Теперь, почти через пятнадцать лет, эти годы войны оказались раздражительной помехой, это было какое-то посягательство на свободу творчества, ибо во всякой книге, где описывалось постепенное развитие определенной человеческой личности, следовало как-нибудь упомянуть о войне, и даже смерть героя в юных летах не могла быть выходом из положения. Были лица и обстоятельства вокруг образа сына, которые, к сожалению, были мыслимы только на фоне войны, не могли бы существовать без этого фона. С революцией было и того хуже. По общему мнению, она повлияла на ход жизни всякого русского; через нее нельзя было пропустить героя, не обжигая его, избежать ее было невозможно. Это уже было подлинное насилие над волей писателя. Меж тем как могла революция задеть его сына? В долгожданный день осенью тысяча девятьсот семнадцатого года явился Валентинов, такой же веселый, громкий, великолепно одетый, и за ним пухлый молодой человек с усиками. Была минута печали и замешательства и странного разочарования. Сын был молчалив и все посматривал в окно («Боится возможной стрельбы», – вполголоса пояснил Валентинов). Сначала все это было похоже на дурной сон, – но потом обошлось. Валентинов продолжал уверять, что «свои – сочтемся», – оказалось, что у него большие, таинственные дела, и деньги рассованы по всем банкам союзной Европы. Сын стал посещать тишайший шахматный клуб, доверчиво расцветший в самую пору гражданской сумятицы, а весной исчез вместе с Валентиновым – опять за границу. Дальше следовали воспоминания только личные, воспоминания непривлекательные. Бог с ними, голод, арест. Бог с ними, и вдруг – благословенная высылка, законное изгнание, чистая, желтая палуба, балтийский ветер, спор с профессором Василенко о бессмертии души.

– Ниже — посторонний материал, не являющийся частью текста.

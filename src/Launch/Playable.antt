-- ===== src/Launch/Playable.antt =====
-- The definition that an exercise runs on has passed the validator.
use iceberg_ttx.Prelude.{
  ℕ, Option, none, some, ◌≡◌, inl, inr, ◌==◌, nat_eq, string_eq, Bool-cases, Option-cases, some_inj,
}
use iceberg_ttx.Errors.{ok, ◌>>=◌, >>=-eq-ok, ok-injective}
use iceberg_ttx.Models.Enums.{exercise_state_eq}
use iceberg_ttx.Models.Scenario.{ScenarioDefinition}
use iceberg_ttx.Models.Exercise.{Exercise}
use iceberg_ttx.Models.Database.{Db, get_scenario, get_exercise}
use iceberg_ttx.Scenario.Validate.{parse_definition}
use iceberg_ttx.Scenario.Accepted.{IsPlayable, parse_definition-IsPlayable}
use iceberg_ttx.Launch.Content.{validated, validated-eq-ok, export_definition}
use iceberg_ttx.Launch.Freeze.{
  find_snapshot, definition_of, definition_for_exercise, get_scenario_definition, launch_definition,
}

validated-IsPlayable :
    (raw : ScenarioDefinition) {d : ScenarioDefinition}
    → (validated (parse_definition raw) >>= λ (x : ScenarioDefinition). ok (some x)) ≡ ok (some d)
    → IsPlayable d
validated-IsPlayable raw {d} h =
    let (x, checked, same) = >>=-eq-ok (validated (parse_definition raw)) _ h in
    rw (some_inj (ok-injective same)) at
      (parse_definition-IsPlayable raw (validated-eq-ok _ checked))

definition_of-IsPlayable :
    (db : Db) (e : Option Exercise) (d : ScenarioDefinition)
    → definition_of db e ≡ ok (some d)
    → IsPlayable d
unfolding get_scenario_definition launch_definition export_definition
definition_of-IsPlayable db none d h = cc (ok-injective h)
definition_of-IsPlayable db (some e) d h = elim (Option-cases e.launch_snapshot_digest) [
  | inl live ↦ elim (Bool-cases (e.scenario_id == 0)) [
    | inl no_id ↦ cc (ok-injective (rw (live, no_id) at h))
    | inr id ↦ elim (Option-cases (get_scenario db e.scenario_id)) [
      | inl gone ↦ cc (ok-injective (rw (live, id, gone) at h))
      | inr (s, found) ↦ validated-IsPlayable s.definition (rw (live, id, found) at h)
    ]
  ]
  | inr (digest, frozen) ↦ elim (Option-cases (find_snapshot db.snapshots digest)) [
    | inl gone ↦ cc (rw (frozen, gone) at h)
    | inr ((key, content), found) ↦
        validated-IsPlayable content.definition (rw (frozen, found) at h)
  ]
]

-- Whatever definition an exercise runs on, live or frozen, is playable.
pub definition_for_exercise-IsPlayable :
    (db : Db) (id : ℕ) (d : ScenarioDefinition)
    → definition_for_exercise db id ≡ ok (some d)
    → IsPlayable d
unfolding definition_for_exercise
definition_for_exercise-IsPlayable db id d h = definition_of-IsPlayable db (get_exercise db id) d h
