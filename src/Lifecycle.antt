-- ===== src/Lifecycle.antt =====
-- The exercise life cycle: the state machine of app/models/exercise.py,
-- `transition_state_with_history` of app/services/exercise_service.py, and the two pause-aware
-- clocks of app/services/schedule_service.py.
pub mod States
pub mod Transition
pub mod Clock
pub mod Outcome
pub mod Timeline
pub mod Agreement
pub mod History
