-- ===== src/Lifecycle/Clock.antt =====
-- The pause-aware clocks of app/services/schedule_service.py and of static/js/app.js. `now` is the answer of
-- `task_queue.now()`; spans are microseconds.
use iceberg_ttx.Prelude.{
  ℕ, suc, ◌*◌, Bool, List, [], ◌∷◌, Option, none, some, ◌==◌, ltb, leb, min, if◌then◌else◌,
}
use iceberg_ttx.Prelude.Int.{ℤ, pos, negsuc, ◌+ℤ◌, ◌-ℤ◌, pos_part}
use iceberg_ttx.Prelude.Sort.{sorted}
use iceberg_ttx.Models.Enums.{paused, completed, exercise_state_eq}
use iceberg_ttx.Models.Exercise.{Exercise, ExerciseStateTransition}
use iceberg_ttx.Models.Inject.{Inject}
use iceberg_ttx.Models.Database.{Db, transitions_of}

abbrev pub elapsed_from : Exercise → ℕ → Option ℕ → ℤ
elapsed_from exercise now none = pos 0
elapsed_from exercise now (some started_at) =
    pos now -ℤ pos started_at -ℤ exercise.accumulated_pause_seconds

unfoldable pub effective_elapsed_seconds : Exercise → ℕ → ℤ
effective_elapsed_seconds exercise now = elapsed_from exercise now exercise.started_at

-- A minute, in the microseconds of the model.
abbrev pub minute : ℕ
minute = 60000000

abbrev pub minutes : ℤ → ℤ
minutes (pos n) = pos (n * minute)
minutes (negsuc n) = pos 0 -ℤ pos (suc n * minute)

abbrev pub until_offset : Exercise → ℕ → Option ℤ → ℤ
until_offset exercise now none = pos 0
until_offset exercise now (some offset) = minutes offset -ℤ effective_elapsed_seconds exercise now

unfoldable pub seconds_until_due : Exercise → Inject → ℕ → ℤ
unfolding effective_elapsed_seconds
seconds_until_due exercise inject now = until_offset exercise now inject.release_offset_minutes

-- The two variables of the loop of `_active_elapsed_since`.
pub record PauseScan : Type 0 where
  pub paused_seconds : ℤ
  pub pause_started : Option ℕ

abbrev pub no_pause : PauseScan
no_pause = record { paused_seconds = pos 0; pause_started = none }

abbrev pub close_pause : PauseScan → Option ℕ → ℕ → PauseScan
close_pause s none at = s
close_pause s (some p) at = record {
  paused_seconds = s.paused_seconds +ℤ (pos at -ℤ pos p);
  pause_started = none;
}

-- The body of the loop, for a transition at or after the release.
unfoldable pub scan_one : PauseScan → ExerciseStateTransition → PauseScan
scan_one s t =
    if t.to_state == paused
    then record s { pause_started = some t.transitioned_at }
    else if t.from_state == paused
    then close_pause s s.pause_started t.transitioned_at
    else s

unfoldable pub scan_since : ℕ → PauseScan → List ExerciseStateTransition → PauseScan
scan_since released_at s [] = s
scan_since released_at s (t ∷ ts) =
    scan_since released_at (if ltb t.transitioned_at released_at then s else scan_one s t) ts

abbrev pub by_time : ExerciseStateTransition → ExerciseStateTransition → Bool
by_time a b = leb a.transitioned_at b.transitioned_at

-- exercise.ended_at or now
abbrev pub or_now : Option ℕ → ℕ → ℕ
or_now none now = now
or_now (some at) now = at

-- The pause that is still open counts up to the end.
abbrev pub open_pause : Option ℕ → ℕ → ℤ
open_pause none end = pos 0
open_pause (some p) end = pos end -ℤ pos p

-- max(0.0, span)
abbrev pub at_least_zero : ℤ → ℤ
at_least_zero span = pos (pos_part span)

abbrev pub span_of : PauseScan → ℕ → ℕ → ℤ
span_of s end released_at =
    at_least_zero
      (pos end -ℤ pos released_at -ℤ (s.paused_seconds +ℤ open_pause s.pause_started end))

unfoldable pub active_elapsed_since : Exercise → ℕ → List ExerciseStateTransition → ℕ → ℤ
unfolding scan_since scan_one
active_elapsed_since exercise released_at transitions now =
    let end = min (or_now exercise.ended_at now) now in
    span_of (scan_since released_at no_pause (sorted by_time transitions)) end released_at

unfoldable pub active_seconds_since : Db → Exercise → ℕ → ℕ → ℤ
unfolding active_elapsed_since
active_seconds_since db exercise released_at now =
    active_elapsed_since exercise released_at (transitions_of db exercise.id) now

-- The reference time of `exerciseElapsedSeconds` in static/js/app.js, which the pages show.
abbrev pub reference_time : Exercise → ℕ → ℕ
reference_time exercise now =
    if exercise.state == paused
    then or_now exercise.paused_at now
    else if exercise.state == completed
    then or_now exercise.ended_at now
    else now

unfoldable pub exercise_elapsed_seconds : Exercise → ℕ → Option ℤ
exercise_elapsed_seconds exercise now = elim exercise.started_at [
  | none ↦ none
  | some start ↦ some (
      at_least_zero
        (pos (reference_time exercise now) -ℤ pos start -ℤ exercise.accumulated_pause_seconds))
]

Из всего этого, из всей этой грубой мешанины, – так и липнущей, так и прущей из всех углов памяти, принижающей всякое воспоминание, загораживающей путь свободной мысли, – непременно следовало осторожно, по кусочкам, выскрести и целиком впустить в книгу – Валентинова. Человек несомненно талантливый, как определяли его те, кто собирался тут же сказать о нем что-нибудь скверное; чудак, на все руки мастер, незаменимый человек при устройстве любительского спектакля, инженер, превосходный математик, любитель шахмат и шашек, «амюзантнейший господин», как он сам рекомендовал себя. У него были чудесные карие глаза и чрезвычайно привлекательная манера смеяться. Он носил на указательном пальце перстень с адамовой головой и давал понять, что у него были в жизни дуэли. Одно время он преподавал гимнастику в школе, где учился маленький Лужин, и большое впечатление производило на учеников и учителей то, что за ним приезжает таинственная дама в лимузине. Он изобрел походя удивительную металлическую мостовую, которая была испробована в Петербурге, на Невском, близ Казанского собора. Он же сочинил несколько остроумных шахматных задач и был первым экспонентом так называемой «русской» темы. Ему было двадцать восемь лет в год объявления войны, и никакой болезнью он не страдал. Анемическое слово «дезертир» как-то не подходило к этому веселому, крепкому, ловкому человеку, – другого слова, однако, не подберешь. Чем он занимался за границей во время войны – так и осталось неизвестным.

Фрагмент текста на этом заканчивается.